**Task description**
Throughout the listing that follows, find each line with the word "record" and copy it.

**Entries provided**
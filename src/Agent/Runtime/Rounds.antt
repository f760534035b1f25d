-- ===== src/Agent/Runtime/Rounds.antt =====
-- The limit on the rounds of tool calls of a turn.
use blender_ai_sidebar.Prelude.{ℕ, suc, ◌≡◌, refl, sym, subst, true, ltb, ◌≤◌, arith}
use blender_ai_sidebar.Agent.Runtime.{Runtime, Services, Event, Response}
use blender_ai_sidebar.Agent.Runtime.Action.{◌>>=◌}
use blender_ai_sidebar.Agent.Runtime.Replies.{fail_turn}
use blender_ai_sidebar.Agent.Runtime.Events.{rounds_message, start_round, process_event}
use blender_ai_sidebar.Agent.Runtime.Quiet.{View, view, Keeps, fail_turn-Keeps}
use blender_ai_sidebar.Agent.Runtime.Handlers.{process_event-Keeps}

module _ {W C : Type 0} (sv : Services W C) where
  -- The rounds are used up, and the world is `w`.
  abbrev Stopped : W → View W → Type 0
  Stopped w v = (v.world ≡ w) × (sv.max_tool_rounds ≤ v.tool_round)

  start_round-stopped :
      (t : ℕ) (resp : Response) (r : Runtime W C)
      → sv.max_tool_rounds ≤ r.tool_round
      → start_round sv t resp r
        ≡ fail_turn t "MAX_TOOL_ROUNDS_EXCEEDED"
            (rounds_message sv)
            (record r { tool_round = suc r.tool_round })
  unfolding start_round ◌>>=◌
  start_round-stopped t resp r full =
      let over : ltb sv.max_tool_rounds (suc r.tool_round) ≡ true = ground arith in rw over refl

  start_round-Stopped :
      (w : W) (t : ℕ) (resp : Response) → Keeps (Stopped w) (start_round sv t resp)
  start_round-Stopped w t resp = record {
    keep = λ r (still, full).
        subst (λ x. Stopped w (view x.1)) (sym (start_round-stopped t resp r full))
          ((fail_turn-Keeps {P = Stopped w} t "MAX_TOOL_ROUNDS_EXCEEDED" (rounds_message sv)).keep
            (record r { tool_round = suc r.tool_round }) (still, omega arith));
  }

  -- In a turn that has had its `max_tool_rounds` rounds of tool calls no event changes the world.
  pub process_event-stops :
      (event : Event) (r : Runtime W C)
      → sv.max_tool_rounds ≤ r.tool_round
      → (process_event sv event r).1.world ≡ r.world
  process_event-stops event r full =
      (process_event-Keeps sv {P = Stopped r.world} (start_round-Stopped r.world) event r
        (refl, full)).0
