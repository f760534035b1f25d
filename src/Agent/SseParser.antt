-- ===== src/Agent/SseParser.antt =====
-- agent/sse_parser.py: the incremental parser of server-sent events.
--
-- A text is the list of its characters' code points. `D` is the state of the incremental UTF-8
-- decoder of codecs; `decode` and `finish` are its decode with final=False and with final=True, with
-- `none` for a UnicodeDecodeError.
pub mod Lines
pub mod Extract
pub mod Chunks
use blender_ai_sidebar.Prelude.{
  ℕ, zero, suc, ◌+◌, Bool, true, false, ◌&&◌, ◌||◌, List, [], ◌∷◌, ◌++◌, map, Option, none, some,
  ◌==◌, nat_comparable, if◌then◌else◌, ltb, length,
}

abbrev pub Text : Type 0
Text = List ℕ

abbrev pub cr : ℕ
cr = 13

abbrev pub lf : ℕ
lf = 10

abbrev pub colon : ℕ
colon = 58

abbrev pub space : ℕ
space = 32

-- `text.replace("\r\n", "\n")`; the flag says that a "\r" was read and is not written yet.
unfoldable pub replace_crlf : Bool → Text → Text
replace_crlf false [] = []
replace_crlf true [] = cr ∷ []
replace_crlf false (c ∷ cs) = elim (c == cr) [
  | true ↦ replace_crlf true cs
  | false ↦ c ∷ replace_crlf false cs
]
replace_crlf true (c ∷ cs) = elim (c == lf) [
  | true ↦ lf ∷ replace_crlf false cs
  | false ↦ elim (c == cr) [
    | true ↦ cr ∷ replace_crlf true cs
    | false ↦ cr ∷ c ∷ replace_crlf false cs
  ]
]

-- `text.replace("\r", "\n")`
abbrev pub without_cr : ℕ → ℕ
without_cr c = if c == cr then lf else c

unfoldable pub normalize : Text → Text
unfolding replace_crlf
normalize text = map without_cr (replace_crlf false text)

abbrev pub add_char : ℕ → List Text × Text → List Text × Text
add_char c ([], rest) = ([], c ∷ rest)
add_char c (line ∷ lines, rest) = ((c ∷ line) ∷ lines, rest)

-- `text.split("\n")`, as all parts but the last and the last.
unfoldable pub split_lines : Text → List Text × Text
split_lines [] = ([], [])
split_lines (c ∷ cs) =
    let (lines, rest) = split_lines cs in
    elim (c == lf) [ true ↦ ([] ∷ lines, rest) | false ↦ add_char c (lines, rest) ]

-- `buf[:-1]` where the text ends with "\r", and that "\r".
unfoldable pub cut_cr : Text → Text × Text
cut_cr [] = ([], [])
cut_cr (c ∷ []) = elim (c == cr) [ true ↦ ([], cr ∷ []) | false ↦ (c ∷ [], []) ]
cut_cr (c ∷ d ∷ cs) = let (body, pending) = cut_cr (d ∷ cs) in (c ∷ body, pending)

-- _extract_lines: the lines and the new buffer.
unfoldable pub extract_lines : Text → List Text × Text
unfolding cut_cr split_lines normalize
extract_lines buffer =
    let (body, pending) = cut_cr buffer in
    let (lines, rest) = split_lines (normalize body) in (lines, rest ++ pending)

-- The text before the first ":", and the text after it if there is one.
unfoldable pub partition : Text → Text × Option Text
partition [] = ([], none)
partition (c ∷ cs) = elim (c == colon) [
  | true ↦ ([], some cs)
  | false ↦ let (field, value) = partition cs in (c ∷ field, value)
]

abbrev pub value_of : Option Text → Text
value_of none = []
value_of (some []) = []
value_of (some (c ∷ cs)) = if c == space then cs else c ∷ cs

unfoldable pub same_text : Text → Text → Bool
same_text [] [] = true
same_text [] (d ∷ ds) = false
same_text (c ∷ cs) [] = false
same_text (c ∷ cs) (d ∷ ds) = c == d && same_text cs ds

-- `"\n".join(lines)`
unfoldable pub join_lines : List Text → Text
join_lines [] = []
join_lines (line ∷ []) = line
join_lines (line ∷ next ∷ lines) = line ++ lf ∷ join_lines (next ∷ lines)

unfoldable pub total_length : List Text → ℕ
total_length [] = 0
total_length (line ∷ lines) = length line + total_length lines

-- "data"
abbrev pub data_field : Text
data_field = 100 ∷ 97 ∷ 116 ∷ 97 ∷ []

-- The end of the stream: DONE in brackets.
abbrev pub done_marker : Text
done_marker = 91 ∷ 68 ∷ 79 ∷ 78 ∷ 69 ∷ 93 ∷ []

pub data SseError : Type 0 where
  invalid_utf8 event_too_large : SseError

-- The payloads of a call, or what it raises.
pub data Fed : Type 0 where
  fed : List Text → Fed
  failed : SseError → Fed

-- The accumulated data lines and the mark of the end of the stream.
pub record Pending : Type 0 where
  pub data_lines : List Text
  pub is_done : Bool

pub record SseParser (D : Type 0) : Type 0 where
  pub decoder : D
  pub buffer : Text
  pub pending : Pending

-- The constructor and `reset`, with a new decoder.
new_parser : {D : Type 0} → D → SseParser D
new_parser d = record {
  decoder = d;
  buffer = [];
  pending = record { data_lines = []; is_done = false };
}

module _ {S : Type 0} where
  abbrev pub prepend : List Text → Fed × S → Fed × S
  prepend es (fed fs, s) = (fed (es ++ fs), s)
  prepend es (failed e, s) = (failed e, s)

  -- The second call follows if the first did not raise; their payloads are joined.
  abbrev pub and_then : Fed × S → (S → Fed × S) → Fed × S
  and_then (fed es, s) k = prepend es (k s)
  and_then (failed e, s) k = (failed e, s)

-- The event of the accumulated data lines, if there are any.
unfoldable pub dispatch_event : Pending → Fed × Pending
unfolding join_lines same_text
dispatch_event p = elim p.data_lines [
  | [] ↦ (fed [], p)
  | line ∷ lines ↦
      let payload = join_lines (line ∷ lines) in
      (
        fed (payload ∷ []),
        record { data_lines = []; is_done = p.is_done || same_text payload done_marker },
      )
]

module _ (max_event_size : ℕ) where
  unfoldable pub add_data : Text → Pending → Fed × Pending
  unfolding total_length
  add_data value p =
      let lines = p.data_lines ++ value ∷ [] in
      (
        if ltb max_event_size (total_length lines) then failed event_too_large else fed [],
        record p { data_lines = lines },
      )

  unfoldable pub process_line : Text → Pending → Fed × Pending
  unfolding dispatch_event add_data partition same_text
  process_line [] p = dispatch_event p
  process_line (c ∷ cs) p =
      if c == colon
      then (fed [], p)
      else let (field, value) = partition (c ∷ cs) in
        if same_text field data_field then add_data (value_of value) p else (fed [], p)

  -- _process_lines
  unfoldable pub process_lines : List Text → Pending → Fed × Pending
  unfolding process_line
  process_lines [] p = (fed [], p)
  process_lines (line ∷ lines) p = and_then (process_line line p) (process_lines lines)

  unfoldable pub flush_buffer : Text → Pending → Fed × Pending
  unfolding split_lines normalize process_lines
  flush_buffer [] p = (fed [], p)
  flush_buffer (c ∷ cs) p =
      let (lines, rest) = split_lines (normalize (c ∷ cs)) in process_lines (lines ++ rest ∷ []) p

module _ {D : Type 0} (max_event_size : ℕ) where
  abbrev pub with_rest : D → Text → Fed × Pending → Fed × SseParser D
  with_rest d rest (out, p) = (out, record { decoder = d; buffer = rest; pending = p })

  -- The text of a chunk, after which the decoder is in the state `d`.
  unfoldable pub feed_text : Text → D → SseParser D → Fed × SseParser D
  unfolding extract_lines process_lines
  feed_text text d s =
      let buffer = s.buffer ++ text in
      if ltb max_event_size (length buffer)
      then (failed event_too_large, record s { decoder = d; buffer = buffer })
      else let (lines, rest) = extract_lines buffer in
        with_rest d rest (process_lines max_event_size lines s.pending)

  module _ (decode : D → List ℕ → Option (Text × D)) where
    unfoldable pub feed : List ℕ → SseParser D → Fed × SseParser D
    unfolding feed_text
    feed [] s = (fed [], s)
    feed (b ∷ chunk) s = elim (decode s.decoder (b ∷ chunk)) [
      | none ↦ (failed invalid_utf8, s)
      | some (text, d) ↦ feed_text text d s
    ]

    -- The chunks of a stream, one after the other.
    unfoldable pub feeds : List (List ℕ) → SseParser D → Fed × SseParser D
    unfolding feed
    feeds [] s = (fed [], s)
    feeds (chunk ∷ chunks) s = and_then (feed chunk s) (feeds chunks)

  close : (D → Option Text) → SseParser D → Fed × SseParser D
  unfolding flush_buffer dispatch_event
  close finish s = elim (finish s.decoder) [
    | none ↦ (failed invalid_utf8, s)
    | some text ↦
        with_rest s.decoder []
          (and_then (flush_buffer max_event_size (s.buffer ++ text) s.pending) dispatch_event)
  ]
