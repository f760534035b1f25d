-- ===== src/Agent/SseParser/Lines.antt =====
-- The extraction of lines: what is extracted from a buffer and then from the rest with more text is
-- what is extracted from all of it.
use blender_ai_sidebar.Prelude.{
  ℕ, ◌≡◌, refl, ap, ◌∙◌, arith, Bool, true, false, ◌&&◌, ◌||◌, List, [], ◌∷◌, ◌++◌, map, append-nil,
  ◌==◌, nat_comparable, Bool-cases, inl, inr,
}
use blender_ai_sidebar.Agent.SseParser.{
  Text, cr, lf, replace_crlf, without_cr, normalize, add_char, split_lines, cut_cr,
}

-- The text ends with "\r", where the flag is for the empty text.
abbrev pub ends_cr : Bool → Text → Bool
ends_cr flag [] = flag
ends_cr flag (c ∷ cs) = ends_cr (c == cr) cs

abbrev pub starts_lf : Text → Bool
starts_lf [] = false
starts_lf (c ∷ cs) = c == lf

lf-not_cr : (c : ℕ) → (c == lf) ≡ true → (c == cr) ≡ false
lf-not_cr c is_lf = ground arith

crlf-append :
    (flag : Bool) (x y : Text)
    → (ends_cr flag x && starts_lf y) ≡ false
    → replace_crlf flag (x ++ y) ≡ replace_crlf flag x ++ replace_crlf false y
unfolding replace_crlf
crlf-append false [] y h = refl
crlf-append true [] [] h = refl
crlf-append true [] (d ∷ ds) h = elim (Bool-cases (d == cr)) [
  | inl is_cr ↦ rw (replace_crlf, h, is_cr) refl
  | inr other ↦ rw (replace_crlf, h, other) refl
]
crlf-append false (c ∷ cs) y h = elim (Bool-cases (c == cr)) [
  | inl is_cr ↦ rw (replace_crlf, is_cr) (crlf-append true cs y (rw is_cr at h))
  | inr other ↦ rw (replace_crlf, other) (ap (λ z. c ∷ z) (crlf-append false cs y (rw other at h)))
]
crlf-append true (c ∷ cs) y h = elim (Bool-cases (c == lf)) [
  | inl is_lf ↦
      rw (replace_crlf, is_lf)
        (ap (λ z. lf ∷ z) (crlf-append false cs y (rw (lf-not_cr c is_lf) at h)))
  | inr more ↦ elim (Bool-cases (c == cr)) [
    | inl is_cr ↦
        rw (replace_crlf, more, is_cr) (ap (λ z. cr ∷ z) (crlf-append true cs y (rw is_cr at h)))
    | inr other ↦
        rw (replace_crlf, more, other)
          (ap (λ z. cr ∷ c ∷ z) (crlf-append false cs y (rw other at h)))
  ]
]

map-append : (f : ℕ → ℕ) (x y : Text) → map f (x ++ y) ≡ map f x ++ map f y
map-append f [] y = refl
map-append f (c ∷ cs) y = ap (λ z. f c ∷ z) (map-append f cs y)

pub normalize-append :
    (x y : Text)
    → (ends_cr false x && starts_lf y) ≡ false
    → normalize (x ++ y) ≡ normalize x ++ normalize y
unfolding normalize
normalize-append x y h =
    ap (map without_cr) (crlf-append false x y h)
    ∙ map-append without_cr (replace_crlf false x) (replace_crlf false y)

-- The split of a text of which the lines and the rest are `p`, with `y` behind it.
abbrev pub continue : List Text × Text → Text → List Text × Text
continue p y = (p.0 ++ (split_lines (p.1 ++ y)).0, (split_lines (p.1 ++ y)).1)

add_char-continue :
    (c : ℕ) (p : List Text × Text) (y : Text)
    → (c == lf) ≡ false
    → add_char c (continue p y) ≡ continue (add_char c p) y
unfolding split_lines
add_char-continue c ([], rest) y other = rw (split_lines, other) refl
add_char-continue c (line ∷ lines, rest) y other = refl

pub split-append : (x y : Text) → split_lines (x ++ y) ≡ continue (split_lines x) y
unfolding split_lines
split-append [] y = refl
split-append (c ∷ cs) y = elim (Bool-cases (c == lf)) [
  | inl is_lf ↦ rw (split_lines, is_lf, split-append cs y) refl
  | inr other ↦
      rw (split_lines, other, split-append cs y) (add_char-continue c (split_lines cs) y other)
]

-- Neither "\r" nor "\n" is in the text.
abbrev pub has_breaks : Text → Bool
has_breaks [] = false
has_breaks (c ∷ cs) = (c == cr || c == lf) || has_breaks cs

abbrev pub has_cr : Text → Bool
has_cr [] = false
has_cr (c ∷ cs) = c == cr || has_cr cs

without_cr-stays : (c : ℕ) → (without_cr c == cr) ≡ false
without_cr-stays c = elim (Bool-cases (c == cr)) [
  | inl is_cr ↦ rw is_cr refl
  | inr other ↦ rw other other
]

pub map-has_cr : (text : Text) → has_cr (map without_cr text) ≡ false
map-has_cr [] = refl
map-has_cr (c ∷ cs) = rw (without_cr-stays c) (map-has_cr cs)

-- What follows the last line has no line break.
add_char-has_breaks :
    (c : ℕ) (p : List Text × Text)
    → (c == cr) ≡ false
    → (c == lf) ≡ false
    → has_breaks p.1 ≡ false
    → has_breaks (add_char c p).1 ≡ false
add_char-has_breaks c ([], rest) no_cr no_lf h = rw (no_cr, no_lf) h
add_char-has_breaks c (line ∷ lines, rest) no_cr no_lf h = h

pub split_lines-has_breaks :
    (text : Text) → has_cr text ≡ false → has_breaks (split_lines text).1 ≡ false
unfolding split_lines
split_lines-has_breaks [] h = refl
split_lines-has_breaks (c ∷ cs) h = elim (Bool-cases (c == cr)) [
  | inl is_cr ↦ absurd (cc (rw is_cr at h))
  | inr no_cr ↦
      let rest = split_lines-has_breaks cs (rw no_cr at h) in
      elim (Bool-cases (c == lf)) [
        | inl is_lf ↦ rw (split_lines, is_lf) rest
        | inr no_lf ↦
            rw (split_lines, no_lf) (add_char-has_breaks c (split_lines cs) no_cr no_lf rest)
      ]
]

or-right : (a b : Bool) → (a || b) ≡ false → b ≡ false
or-right false b h = h
or-right true b h = absurd (cc h)

pub has_breaks-ends_cr : (text : Text) → has_breaks text ≡ false → ends_cr false text ≡ false
has_breaks-ends_cr [] h = refl
has_breaks-ends_cr (c ∷ cs) h = elim (Bool-cases (c == cr)) [
  | inl is_cr ↦ absurd (cc (rw is_cr at h))
  | inr no_cr ↦ rw no_cr (has_breaks-ends_cr cs (or-right _ _ h))
]

-- A text without a line break is not changed.
replace_crlf-plain : (text : Text) → has_breaks text ≡ false → replace_crlf false text ≡ text
unfolding replace_crlf
replace_crlf-plain [] h = refl
replace_crlf-plain (c ∷ cs) h = elim (Bool-cases (c == cr)) [
  | inl is_cr ↦ absurd (cc (rw is_cr at h))
  | inr no_cr ↦ rw (replace_crlf, no_cr) (ap (λ z. c ∷ z) (replace_crlf-plain cs (or-right _ _ h)))
]

map-plain : (text : Text) → has_breaks text ≡ false → map without_cr text ≡ text
map-plain [] h = refl
map-plain (c ∷ cs) h = elim (Bool-cases (c == cr)) [
  | inl is_cr ↦ absurd (cc (rw is_cr at h))
  | inr no_cr ↦ rw no_cr (ap (λ z. c ∷ z) (map-plain cs (or-right _ _ h)))
]

pub normalize-plain : (text : Text) → has_breaks text ≡ false → normalize text ≡ text
unfolding normalize
normalize-plain text h = ap (map without_cr) (replace_crlf-plain text h) ∙ map-plain text h

-- A text with more behind it, cut at its end.
pub cut_cr-cons :
    (x : Text) (d : ℕ) (ds : Text)
    → cut_cr (x ++ d ∷ ds) ≡ (x ++ (cut_cr (d ∷ ds)).0, (cut_cr (d ∷ ds)).1)
unfolding cut_cr
cut_cr-cons [] d ds = refl
cut_cr-cons (c ∷ []) d ds = refl
cut_cr-cons (c ∷ e ∷ es) d ds = ap (λ p. (c ∷ p.0, p.1)) (cut_cr-cons (e ∷ es) d ds)

pub cut_cr-none : (x : Text) → ends_cr false x ≡ false → cut_cr x ≡ (x, [])
unfolding cut_cr
cut_cr-none [] h = refl
cut_cr-none (c ∷ []) h = rw (cut_cr, h) refl
cut_cr-none (c ∷ d ∷ ds) h = ap (λ p. (c ∷ p.0, p.1)) (cut_cr-none (d ∷ ds) h)

pub cut_cr-append :
    (x z : Text) → ends_cr false x ≡ false → cut_cr (x ++ z) ≡ (x ++ (cut_cr z).0, (cut_cr z).1)
unfolding cut_cr
cut_cr-append x [] h = rw (append-nil x) (cut_cr-none x h)
cut_cr-append x (d ∷ ds) h = cut_cr-cons x d ds

-- A buffer ends in a pending "\r" or it does not.
pub data Cut (buffer : Text) : Type 0 where
  whole : ends_cr false buffer ≡ false → Cut buffer
  pending : (x : Text) → buffer ≡ x ++ cr ∷ [] → Cut buffer

pub Cut-cases : (buffer : Text) → Cut buffer
Cut-cases [] = Cut.whole refl
Cut-cases (c ∷ []) = elim (Bool-cases (c == cr)) [
  | inl is_cr ↦ let same : c ≡ cr = ground arith in Cut.pending [] (ap (λ d. d ∷ []) same)
  | inr other ↦ Cut.whole other
]
Cut-cases (c ∷ d ∷ ds) = elim (Cut-cases (d ∷ ds)) [
  | Cut.whole h ↦ Cut.whole h
  | Cut.pending x e ↦ Cut.pending (c ∷ x) (ap (λ z. c ∷ z) e)
]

**Answer box**
            (record r { tool_round = suc r.tool_round })
  start_round-Stopped w t resp = record {
            (record r { tool_round = suc r.tool_round }) (still, omega arith));
pub record Pending : Type 0 where
pub record SseParser (D : Type 0) : Type 0 where
new_parser d = record {
  pending = record { data_lines = []; is_done = false };
        record { data_lines = []; is_done = p.is_done || same_text payload done_marker },
        record p { data_lines = lines },
  with_rest d rest (out, p) = (out, record { decoder = d; buffer = rest; pending = p })
      then (failed event_too_large, record s { decoder = d; buffer = buffer })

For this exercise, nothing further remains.